The notion of the importance of “community” in building powerful brands has been around for a long time but, asks Gareth Kay, has the term now become so overused that it has been rendered meaningless?

One of the strange things in the world of marketing is the way we use concepts very loosely when trying to make a precise point. We’ve spent decades throwing around the term ‘brand’ to the point where it has lost almost all meaning. We create new terms like ‘engagement’ and use it interchangeably to mean anything from customer loyalty to the time someone spends watching a video or ‘interacts’ with us by clicking on a like button. Once thoughtful ideas made meaningless by thoughtless use. And I think to this list, we can now add the ‘c’ word – community.

The notion of the importance of ‘community’ in building powerful brands has been around for a long time. In the most fundamental sense, there are brands that are quite literally owned by either their users (think Vanguard or the Green Bay Packers) or by their employees (the John Lewis Partnership). More recently, platforms like Kickstarter and Patreon have created communities of patronage to fund products and culture. And increasingly we are seeing brands be a shared set of beliefs that people buy into. Patagonia is a fantastic example here. All of this feels like community in its truest sense: a group of people unified by a common set of interests, attitudes or goal.

One of the things I’ve noticed speaking with clients is that Airbnb has replaced Nike as the brand reference point du jour. Part of this is, undoubtedly, driven by the cultural cachet the brand has (arguably, a brand that is increasingly at risk of overhanging its business) but it’s also driven by a desire to build a community-driven brand. More and more brands are also referencing the astonishing rise of Glossier in one of the most crowded and competitive marketplaces there is.

Now these brands are, without a doubt, brilliant examples of community-driven brands. But, more importantly, these are brands whose very businesses are built on community and simply could not exist without them. Airbnb’s foundation of hosts not only creates a fundamentally different experience but has allowed the business to scale in a way that no other hospitality business has done in history. They overcommit to building real openness and participation with their hosts – from the annual Airbnb Open event to the critical (and frankly overlooked) hire of Douglas Atkin as chief community officer who brought not just savvy marketing experience but real understanding of how communities are built from his days at Meetup and All Out. Without its community, Airbnb would simply not exist.

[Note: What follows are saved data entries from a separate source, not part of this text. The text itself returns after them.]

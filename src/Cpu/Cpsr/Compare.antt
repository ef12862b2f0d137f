-- ===== src/Cpu/Cpsr/Compare.antt =====
-- What the flags of `update_nzcv_sub` and `update_nzcv_add` (crates/vmrp-cpu/src/regs.rs) say of
-- the operands, read as u32 and as i32.
use vmrp_rust.Prelude.{
  ℕ, zero, suc, ◌+◌, ◌/◌, ◌%◌, ◌^◌, ◌<◌, bit_and, bit_xor, Bool, not, ◌&&◌, ltb, leb, ◌==◌, ◌!=◌,
  ◌≡◌, refl, ap, ◌∙◌, arith,
}
use mathlib.Core.Path.{ap₂}
use mathlib.Core.Bool.{beq}
use vmrp_rust.Prelude.Int.{pos, as_i32, ltb_ℤ, fits_i32, ◌-ℤ◌, ◌+ℤ◌}
use vmrp_rust.Word.{u32_max, IsU32, bit, add32, sub32}
use vmrp_rust.Word.Bits.{bit_and-div, bit_xor-div}
use vmrp_rust.Cpu.Cpsr.{
  Cpsr, update_nz, update_nzcv_add, update_nzcv_sub, add_overflow, sub_overflow,
}
use vmrp_rust.Cpu.Cpsr.Flags.{
  Flags, flags, test_bit, set_zero-flags, set_negative-flags, set_carry-flags, set_overflow-flags,
  set_zero-IsU32, set_negative-IsU32, set_carry-IsU32, set_overflow-IsU32,
}

module _ (r : Cpsr) (h : IsU32 r.bits) where
  pub update_nz-IsU32 : (value : ℕ) → IsU32 (update_nz r value).bits
  unfolding update_nz
  update_nz-IsU32 value = set_negative-IsU32 _ (set_zero-IsU32 r h _) _

  pub update_nz-flags :
      (value : ℕ)
      → flags (update_nz r value) ≡ record (flags r) { n = bit value 31; z = value == 0 }
  unfolding update_nz
  update_nz-flags value =
      set_negative-flags _ (set_zero-IsU32 r h _) _
      ∙ ap (λ (f : Flags). record f { n = bit_and value (2 ^ 31) != 0 }) (set_zero-flags r h _)
      ∙ ap (λ (b : Bool). record (flags r) { n = b; z = value == 0 }) (test_bit 31 value)

  pub update_nzcv_sub-flags :
      (lhs rhs result : ℕ)
      → flags (update_nzcv_sub r lhs rhs result) ≡ record {
        n = bit result 31;
        z = result == 0;
        c = leb rhs lhs;
        v = sub_overflow lhs rhs result;
        mode = (flags r).mode;
      }
  unfolding update_nzcv_sub
  update_nzcv_sub-flags lhs rhs result =
      set_overflow-flags _ (set_carry-IsU32 _ (update_nz-IsU32 result) _) _
      ∙ ap (λ (f : Flags). record f { v = sub_overflow lhs rhs result })
          (set_carry-flags _ (update_nz-IsU32 result) _)
      ∙ ap (λ (f : Flags). record f { c = leb rhs lhs; v = sub_overflow lhs rhs result })
          (update_nz-flags result)

  pub update_nzcv_add-flags :
      (lhs rhs result : ℕ)
      → flags (update_nzcv_add r lhs rhs result) ≡ record {
        n = bit result 31;
        z = result == 0;
        c = ltb u32_max (lhs + rhs);
        v = add_overflow lhs rhs result;
        mode = (flags r).mode;
      }
  unfolding update_nzcv_add
  update_nzcv_add-flags lhs rhs result =
      set_overflow-flags _ (set_carry-IsU32 _ (update_nz-IsU32 result) _) _
      ∙ ap (λ (f : Flags). record f { v = add_overflow lhs rhs result })
          (set_carry-flags _ (update_nz-IsU32 result) _)
      ∙ ap
          (λ (f : Flags). record f { c = ltb u32_max (lhs + rhs); v = add_overflow lhs rhs result })
          (update_nz-flags result)

  pub update_nzcv_sub-IsU32 : (lhs rhs result : ℕ) → IsU32 (update_nzcv_sub r lhs rhs result).bits
  unfolding update_nzcv_sub
  update_nzcv_sub-IsU32 lhs rhs result =
      set_overflow-IsU32 _ (set_carry-IsU32 _ (update_nz-IsU32 result) _) _

  pub update_nzcv_add-IsU32 : (lhs rhs result : ℕ) → IsU32 (update_nzcv_add r lhs rhs result).bits
  unfolding update_nzcv_add
  update_nzcv_add-IsU32 lhs rhs result =
      set_overflow-IsU32 _ (set_carry-IsU32 _ (update_nz-IsU32 result) _) _

top_digit : (x : ℕ) → IsU32 x → x / 2 ^ 31 < 2
top_digit x h = omega arith

digit_overflow :
    (x y z : ℕ)
    → x < 2
    → y < 2
    → z < 2
    → (bit_and (bit_xor x y) (bit_xor x z) % 2 != 0) ≡ (x != y && x != z)
digit_overflow zero zero zero p q s = refl
digit_overflow zero zero (suc zero) p q s = refl
digit_overflow zero (suc zero) zero p q s = refl
digit_overflow zero (suc zero) (suc zero) p q s = refl
digit_overflow (suc zero) zero zero p q s = refl
digit_overflow (suc zero) zero (suc zero) p q s = refl
digit_overflow (suc zero) (suc zero) zero p q s = refl
digit_overflow (suc zero) (suc zero) (suc zero) p q s = refl
digit_overflow (suc (suc x)) y z p q s = absurd (omega arith)
digit_overflow x (suc (suc y)) z p q s = absurd (omega arith)
digit_overflow x y (suc (suc z)) p q s = absurd (omega arith)

digit_both :
    (x y z : ℕ)
    → x < 2
    → y < 2
    → z < 2
    → (bit_and (bit_xor x z) (bit_xor y z) % 2 != 0) ≡ (x != z && y != z)
digit_both zero zero zero p q s = refl
digit_both zero zero (suc zero) p q s = refl
digit_both zero (suc zero) zero p q s = refl
digit_both zero (suc zero) (suc zero) p q s = refl
digit_both (suc zero) zero zero p q s = refl
digit_both (suc zero) zero (suc zero) p q s = refl
digit_both (suc zero) (suc zero) zero p q s = refl
digit_both (suc zero) (suc zero) (suc zero) p q s = refl
digit_both (suc (suc x)) y z p q s = absurd (omega arith)
digit_both x (suc (suc y)) z p q s = absurd (omega arith)
digit_both x y (suc (suc z)) p q s = absurd (omega arith)

module _ (a b c : ℕ) (ha : IsU32 a) (hb : IsU32 b) (hc : IsU32 c) where
  top_bits :
      bit (bit_and (bit_xor a b) (bit_xor a c)) 31
      ≡ (a / 2 ^ 31 != b / 2 ^ 31 && a / 2 ^ 31 != c / 2 ^ 31)
  top_bits =
      ap (λ (t : ℕ). t % 2 != 0)
        (bit_and-div 31 (bit_xor a b) (bit_xor a c)
          ∙ ap₂ bit_and (bit_xor-div 31 a b) (bit_xor-div 31 a c))
      ∙ digit_overflow _ _ _ (top_digit a ha) (top_digit b hb) (top_digit c hc)

  and_top_bits :
      bit (bit_and (bit_xor a c) (bit_xor b c)) 31
      ≡ (a / 2 ^ 31 != c / 2 ^ 31 && b / 2 ^ 31 != c / 2 ^ 31)
  and_top_bits =
      ap (λ (t : ℕ). t % 2 != 0)
        (bit_and-div 31 (bit_xor a c) (bit_xor b c)
          ∙ ap₂ bit_and (bit_xor-div 31 a c) (bit_xor-div 31 b c))
      ∙ digit_both _ _ _ (top_digit a ha) (top_digit b hb) (top_digit c hc)

  add_overflow_lem : add_overflow a b c ≡ (a / 2 ^ 31 != c / 2 ^ 31 && b / 2 ^ 31 != c / 2 ^ 31)
  unfolding add_overflow
  add_overflow_lem = test_bit 31 _ ∙ and_top_bits

  sub_overflow_lem : sub_overflow a b c ≡ (a / 2 ^ 31 != b / 2 ^ 31 && a / 2 ^ 31 != c / 2 ^ 31)
  unfolding sub_overflow
  sub_overflow_lem = test_bit 31 _ ∙ top_bits

module _ (a b : ℕ) (ha : IsU32 a) (hb : IsU32 b) where
  -- The subtraction overflows exactly when the difference of the signed operands fits no i32.
  pub sub_overflow-sub32 : sub_overflow a b (sub32 a b) ≡ not (fits_i32 (as_i32 a -ℤ as_i32 b))
  sub_overflow-sub32 = sub_overflow_lem a b (sub32 a b) ha hb (omega arith) ∙ split
    where
      split :
          (a / 2 ^ 31 != b / 2 ^ 31 && a / 2 ^ 31 != sub32 a b / 2 ^ 31)
          ≡ not (fits_i32 (as_i32 a -ℤ as_i32 b))
      split = ground arith

  -- The sign of the difference, corrected by the overflow, is the signed comparison.
  pub sub_less :
      not (beq (bit (sub32 a b) 31) (sub_overflow a b (sub32 a b))) ≡ ltb_ℤ (as_i32 a) (as_i32 b)
  sub_less = rw (sub_overflow_lem a b (sub32 a b) ha hb (omega arith)) (ground arith)

  -- The addition overflows exactly when the sum of the signed operands fits no i32.
  pub add_overflow-add32 : add_overflow a b (add32 a b) ≡ not (fits_i32 (as_i32 a +ℤ as_i32 b))
  add_overflow-add32 = rw (add_overflow_lem a b (add32 a b) ha hb (omega arith)) (ground arith)

  -- The overflow flag of a subtraction is set exactly when the difference of the signed operands fits no
  -- i32, and the overflow flag of an addition exactly when their sum fits none.
  pub sub_overflow-add_overflow :
      (sub_overflow a b (sub32 a b) ≡ not (fits_i32 (as_i32 a -ℤ as_i32 b)))
      × (add_overflow a b (add32 a b) ≡ not (fits_i32 (as_i32 a +ℤ as_i32 b)))
  sub_overflow-add_overflow = (sub_overflow-sub32, add_overflow-add32)

  -- The addition with a carry in: `add_with_carry` of crates/vmrp-cpu/src/execute.rs.
  pub add_overflow_carry :
      (d : ℕ)
      → d < 2
      → add_overflow a b ((a + b + d) % 2 ^ 32) ≡ not (fits_i32 (as_i32 a +ℤ as_i32 b +ℤ pos d))
  add_overflow_carry d hd =
      rw (add_overflow_lem a b ((a + b + d) % 2 ^ 32) ha hb (omega arith)) (ground arith)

The same is true for Glossier. Its CEO, Emily Weiss, has broken with the norms of the category – manufacturer expertise and celebrity endorsements – to co-create the brand with her customers. She believes that every customer is an influencer, she features them in ad campaigns and, most importantly, uses the community to decide what products to launch. They are active participants with the business where it is hard to draw the line between customer and creator/influencer.

There are other examples of community brands out there in widely differing categories. LEGO leverages the creativity of its ‘AFOLs’ (Adult Fans of LEGO) through programmes like LEGO ideas that encourages AFOLs to pitch ideas to the business and community for new sets. Converse, at least for the time the brand was brilliantly stewarded by Geoff Cottrill, recognised that it wasn’t a fashion or sportswear brand but had a legacy as the footwear of the musicians that changed the musical landscape. And it could honour this community by building recording studios in cities around the world to give more musicians access to recording studios and, in so doing, perhaps allow another music-changing act to achieve cultural escape velocity.

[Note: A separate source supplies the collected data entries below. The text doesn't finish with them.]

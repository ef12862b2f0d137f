-- ===== src/Cpu/Condition/Compare.antt =====
-- The condition codes after a comparison, against the orders of u32 and i32.
use mathlib.Core.Bool.{beq, not-not}
use vmrp_rust.Prelude.{ℕ, Bool, not, ltb, leb, ◌==◌, ◌≡◌, ap, ◌∙◌, sym, arith}
use vmrp_rust.Prelude.Int.{as_i32, ltb_ℤ, leb_ℤ}
use vmrp_rust.Word.{IsU32, sub32, bit}
use vmrp_rust.Cpu.Cpsr.{Cpsr, update_nzcv_sub, sub_overflow, negative, zero_flag, carry, overflow}
use vmrp_rust.Cpu.Cpsr.Flags.{Flags, flags}
use vmrp_rust.Cpu.Cpsr.Compare.{update_nzcv_sub-flags, sub_less}
use vmrp_rust.Cpu.Condition.{arm_condition_passed}

-- What each condition code decides, of a comparison of `a` with `b`.
pub record Decides (passed : ℕ → Bool) (a b : ℕ) : Type 0 where
  pub equal : passed 0x0 ≡ (a == b)
  pub not_equal : passed 0x1 ≡ not (a == b)
  pub higher_or_same : passed 0x2 ≡ leb b a
  pub lower : passed 0x3 ≡ ltb a b
  pub higher : passed 0x8 ≡ ltb b a
  pub lower_or_same : passed 0x9 ≡ leb a b
  pub greater_or_equal : passed 0xa ≡ leb_ℤ (as_i32 b) (as_i32 a)
  pub less : passed 0xb ≡ ltb_ℤ (as_i32 a) (as_i32 b)
  pub greater : passed 0xc ≡ ltb_ℤ (as_i32 b) (as_i32 a)
  pub less_or_equal : passed 0xd ≡ leb_ℤ (as_i32 a) (as_i32 b)

-- The status register after the comparison of `a` with `b`.
abbrev pub compared : Cpsr → ℕ → ℕ → Cpsr
compared r a b = update_nzcv_sub r a b (sub32 a b)

not-ltb : (x y : ℕ) → not (ltb x y) ≡ leb y x
not-ltb x y = ground arith

module _ (r : Cpsr) (h : IsU32 r.bits) (a b : ℕ) (ha : IsU32 a) (hb : IsU32 b) where
  flags-compared : flags (compared r a b) ≡ record {
    n = bit (sub32 a b) 31;
    z = sub32 a b == 0;
    c = leb b a;
    v = sub_overflow a b (sub32 a b);
    mode = (flags r).mode;
  }
  flags-compared = update_nzcv_sub-flags r h a b (sub32 a b)

  z_lem : zero_flag (compared r a b) ≡ (a == b)
  z_lem = ap (λ (f : Flags). f.z) flags-compared ∙ ground arith

  c_lem : carry (compared r a b) ≡ leb b a
  c_lem = ap (λ (f : Flags). f.c) flags-compared

  n_v_lem :
      not (beq (negative (compared r a b)) (overflow (compared r a b)))
      ≡ ltb_ℤ (as_i32 a) (as_i32 b)
  n_v_lem = ap (λ (f : Flags). not (beq f.n f.v)) flags-compared ∙ sub_less a b ha hb

  n_eq_v_lem :
      beq (negative (compared r a b)) (overflow (compared r a b)) ≡ leb_ℤ (as_i32 b) (as_i32 a)
  n_eq_v_lem = sym (not-not _) ∙ ap not n_v_lem ∙ not-ltb _ _

  -- After `update_nzcv_sub` of two u32 operands and their wrapped difference, the condition codes
  -- 0x0 to 0x3 and 0x8 to 0xd decide equality, the unsigned orders and the signed orders of the
  -- operands, whatever the register held before.
  pub compared-Decides : Decides (arm_condition_passed (compared r a b)) a b
  unfolding arm_condition_passed
  compared-Decides = record {
    equal = z_lem;
    not_equal = ap not z_lem;
    higher_or_same = c_lem;
    lower = ap not c_lem ∙ ground arith;
    higher = rw (c_lem, z_lem) (ground arith);
    lower_or_same = rw (c_lem, z_lem) (ground arith);
    greater_or_equal = n_eq_v_lem;
    less = n_v_lem;
    greater = rw (z_lem, n_eq_v_lem) (ground arith);
    less_or_equal = rw (z_lem, n_v_lem) (ground arith);
  }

Underpinning these brands which are truly built on community is a set of principles defined by active participation and the blurring of lines between company and customer. They tend to draw inspiration more from the non-profit and political worlds of community organisation and are fuelled by earning and nurturing commitment rather than the model of ‘buyer and seller’ that is implicit in most marketing.

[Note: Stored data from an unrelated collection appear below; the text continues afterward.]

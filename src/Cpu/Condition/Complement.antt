-- ===== src/Cpu/Condition/Complement.antt =====
-- The condition codes of crates/vmrp-cpu/src/execute.rs come in pairs.

use vmrp_rust.Prelude.{ℕ, ◌+◌, ◌*◌, ◌<◌, not, ◌≡◌, ap, arith}
use vmrp_rust.Cpu.Cpsr.{Cpsr}
use vmrp_rust.Cpu.Condition.{
  arm_condition_passed, from_bits, condition_bits, thumb_condition_passed,
}

-- For each of the first seven pairs of codes and any status register, exactly one code of the pair
-- passes.
pub arm_condition_passed_complement :
    (r : Cpsr) (pair : ℕ)
    → pair < 7
    → arm_condition_passed r (2 * pair + 1) ≡ not (arm_condition_passed r (2 * pair))
unfolding arm_condition_passed
arm_condition_passed_complement r pair h = ground arith

condition_bits-from_bits : (bits : ℕ) → condition_bits (from_bits bits) ≡ bits
unfolding condition_bits from_bits
condition_bits-from_bits bits = ground arith

-- A condition that the decoder makes of some bits passes in Thumb exactly when these bits pass in
-- ARM.
pub thumb_condition_passed-from_bits :
    (r : Cpsr) (bits : ℕ) → thumb_condition_passed r (from_bits bits) ≡ arm_condition_passed r bits
unfolding thumb_condition_passed
thumb_condition_passed-from_bits r bits =
    ap (arm_condition_passed r) (condition_bits-from_bits bits)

So it’s disheartening to see us misuse this word. To describe people who passively observe our social media posts and ‘like’ our brand as part of our community. They’re not a community. It’s just an attempt to make a marketing audience sound a little more modern and progressive. The members of your CRM programme – even one as snazzy as Nike has built – are not members of your community. They’re a group of people who buy your stuff a bit more often than average and have agreed to be marketed to. Perhaps, for once, we can be a bit more precise and a bit more honest before we make a remarkably human term become meaningless again.